4. Is the operation long-running (over 100 ms)? Never use 2PC. Use a Saga with compensating transactions. Lock hold time is proportional to saga step latency — that is the key insight.
5. What replication lag can the SLA absorb? Translate your business SLA ("users see updated stock within 1 second") into a replication budget. Design read paths (quorum, sync, async) to hit that budget.

Step 4 — Validating Your Design

A consistency strategy is only as good as its failure-mode analysis. For each service, ask: what happens if the primary DB fails right now? and what happens if a cross-region network partition lasts 30 seconds? For ShopFleet:

• Payments primary fails: The synchronous replica is promoted (RDS Multi-AZ, ~30 s). In-flight 2PC transactions that did not complete abort cleanly on coordinator timeout. No data loss.
• Inventory primary fails: CAS writes fail; checkout surfaces "temporarily unavailable". Display reads fall back to the quorum-read replicas. Recovery in ~30 s.
• 30-second partition, us-east ↔ eu-west: Product Catalog diverges — EU users may see slightly different prices. The checkout authoritative read fires against the user's region primary, so no incorrect order is placed. Cart writes in EU queue locally and flush on partition heal.
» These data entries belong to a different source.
-- ===== src/Jar/Class.antt =====
-- `class_execute` of src/runtime/jar.c: the class file behind its constants. Offsets are from the
-- beginning of the file, and the pool is what `parse_constant_pool` has left.
pub mod Pooled
mod Tests
use openyanase_kernel.Base.{
  ℕ, zero, suc, ◌+◌, ◌*◌, Bool, true, false, ◌&&◌, ◌||◌, not, Option, none, some, List, [], ◌∷◌,
  ltb, leb, ◌==◌, if◌then◌else◌, length, add32,
}
use openyanase_kernel.Str.{CString}
use openyanase_kernel.Initrd.{Memory, at}
use openyanase_kernel.Heap.{Heap, kmalloc, kfree}
use openyanase_kernel.Runtime.Machine.{Vm, CpEntry, Program, utf8, ◌>>=◌}
use openyanase_kernel.Runtime.Bytecode.{Run, finished, undefined, running, execute_bytecode}
use openyanase_kernel.Jar.Pool.{be16, be32, parse_constant_pool}

-- The loop of `strn_eq` over the bytes of the string, from the place `i` on.
unfoldable pub bytes_eq : CString → ℕ → List ℕ → Bool
bytes_eq b i [] = true
bytes_eq b i (c ∷ cs) = let rest = bytes_eq b (i + 1) cs in if b i == c then rest else false

unfoldable pub strn_eq : CString → ℕ → List ℕ → Bool
unfolding bytes_eq
strn_eq b blen expect = if blen == length expect then bytes_eq b 0 expect else false

-- The name of a method or an attribute, by its place in the pool.
unfoldable pub is_named : (ℕ → CpEntry) → ℕ → List ℕ → ℕ → Bool
unfolding strn_eq
is_named cp cp_count expect index =
    if ltb index cp_count
    then elim (cp index) [ utf8 bytes blen ↦ strn_eq bytes blen expect | _ ↦ false ]
    else false

-- `none` is `goto done`.
unfoldable pub skip_attributes : ℕ → Memory → ℕ → ℕ → Option ℕ
skip_attributes zero m size off = some off
skip_attributes (suc n) m size off =
    let rest = skip_attributes n m size (add32 (add32 off 6) (be32 m (add32 off 2))) in
    if ltb size (add32 off 6) then none else rest

unfoldable pub skip_fields : ℕ → Memory → ℕ → ℕ → Option ℕ
unfolding skip_attributes
skip_fields zero m size off = some off
skip_fields (suc n) m size off =
    let rest = (do
      next ← skip_attributes (be16 m (add32 off 6)) m size (add32 off 8)
      skip_fields n m size next) in
    if ltb size (add32 off 8) then none else rest

-- `code_ptr` and `code_len`
pub record Code : Type 0 where
  pub code_ptr : ℕ
  pub code_len : ℕ

abbrev pub code_name : List ℕ
code_name = b'C' ∷ b'o' ∷ b'd' ∷ b'e' ∷ []

abbrev pub main_name : List ℕ
main_name = b'm' ∷ b'a' ∷ b'i' ∷ b'n' ∷ []

module _ (m : Memory) (size : ℕ) (cp : ℕ → CpEntry) (cp_count : ℕ) where
  -- The attributes of a method: the code is that of the last attribute with the name.
  unfoldable pub find_code : ℕ → ℕ → Option Code → Option (ℕ × Option Code)
  unfolding is_named
  find_code zero off code = some (off, code)
  find_code (suc n) off code =
      let a_len = be32 m (add32 off 2) in
      let data_off = add32 off 6 in
      let found =
        if is_named cp cp_count code_name (be16 m off) && leb 8 a_len
        then some (record { code_ptr = data_off + 8; code_len = be32 m (data_off + 4) })
        else code in
      let rest = find_code n (add32 data_off a_len) found in
      if ltb size data_off then none else rest

  -- The methods: `some none` is that there is no `main` with code.
  unfoldable pub find_main : ℕ → ℕ → Option (Option Code)
  unfolding find_code is_named
  find_main zero off = some none
  find_main (suc n) off =
      let is_main = is_named cp cp_count main_name (be16 m (add32 off 2)) in
      let found : Option (Option Code) =
        elim (find_code (be16 m (add32 off 6)) (add32 off 8) none) [
          | none ↦ none
          | some (next, none) ↦ find_main n next
          | some (next, some code) ↦
              (if is_main && ltb 0 code.code_len then some (some code) else find_main n next)
        ] in
      if ltb size (add32 off 8) then none else found

  -- From the access flags behind the pool on.
  unfoldable pub find_main_at : ℕ → Option (Option Code)
  unfolding find_main skip_fields
  find_main_at off =
      let fields = add32 (add32 off 8) (be16 m (add32 off 6) * 2) in
      let rest = (do
        methods ← skip_fields (be16 m fields) m size (add32 fields 2)
        (if ltb size (add32 methods 2)
            then none
            else find_main (be16 m methods) (add32 methods 2))) in
      if ltb size (add32 off 8) || ltb size (add32 fields 2) then none else rest

-- How `class_execute` ends: with -1, or with the run of `main`.
pub data Executed : Type 0 where
  failed : Executed
  ran : Run → Executed

-- The pool is given back when the run of `main` is over, if it is.
unfoldable pub release_pool : ℕ → Heap → ℕ → Executed → Option (Executed × Heap)
release_pool fuel h cp_ptr failed = do h1 ← kfree fuel h cp_ptr; some (failed, h1)
release_pool fuel h cp_ptr (ran (finished s)) = do
  h1 ← kfree fuel h cp_ptr
  some (ran (finished s), h1)
release_pool fuel h cp_ptr (ran undefined) = some (ran undefined, h)
release_pool fuel h cp_ptr (ran running) = some (ran running, h)

-- The code of `main`, if there is one, is run.
unfoldable pub run_main :
    ℕ → Memory → (ℕ → CpEntry) → ℕ → ℕ × ℕ → Vm → Option (Option Code) → Executed
run_main fuel m cp cp_count (mouse_x, mouse_y) s (some (some code)) = ran (
    execute_bytecode fuel
      (record {
        code = at m code.code_ptr;
        length = code.code_len;
        cp = cp;
        cp_count = cp_count;
        mouse_x = mouse_x;
        mouse_y = mouse_y;
      })
      s)
run_main fuel m cp cp_count mouse s _ = failed

-- The fuel of `kmalloc`, of `kfree`, of the loop over the constants and of the run.
pub record Fuel : Type 0 where
  pub to_alloc : ℕ
  pub to_free : ℕ
  pub to_parse : ℕ
  pub to_run : ℕ

abbrev pub entry_size : ℕ
entry_size = 12

-- Behind the request for the pool; `before` is what its memory holds when it is handed out.
unfoldable pub with_pool :
    Fuel → Memory → ℕ → (ℕ → CpEntry) → ℕ × ℕ → Vm → ℕ → Heap → Option (Executed × Heap)
with_pool fuel m size before mouse s cp_ptr h =
    let cp_count = be16 m 8 in
    if cp_ptr == 0 then some (failed, h) else (do
      (len, cp) ← parse_constant_pool fuel.to_parse (at m 10) cp_count before
      release_pool fuel.to_free h cp_ptr
          (run_main fuel.to_run m cp cp_count mouse s (find_main_at m size cp cp_count (10 + len))))

unfoldable pub class_execute :
    Fuel → Memory → ℕ → (ℕ → CpEntry) → ℕ × ℕ → Vm → Heap → Option (Executed × Heap)
class_execute fuel m size before mouse s h =
    if ltb size 10 || not (be32 m 0 == 0xCAFE_BABE) || ltb 512 (be16 m 8)
    then some (failed, h)
    else (do
      (cp_ptr, h1) ← kmalloc fuel.to_alloc h (be16 m 8 * entry_size)
      with_pool fuel m size before mouse s cp_ptr h1)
Running these failure scenarios mentally — or better, in a chaos-engineering tool like Gremlin or AWS Fault Injection Simulator — turns a paper design into a validated architecture.

Summary

The right consistency strategy is not a single setting; it is a per-component decision driven by business impact, participant topology, and latency budgets. ShopFleet uses four distinct models across six services: linearizable + 2PC for money, optimistic-lock quorum for stock, monotonic reads + Sagas for order workflow, and eventual consistency for everything user-browsable. This is the normal, correct state of a well-designed distributed system — not a failure to achieve uniformity.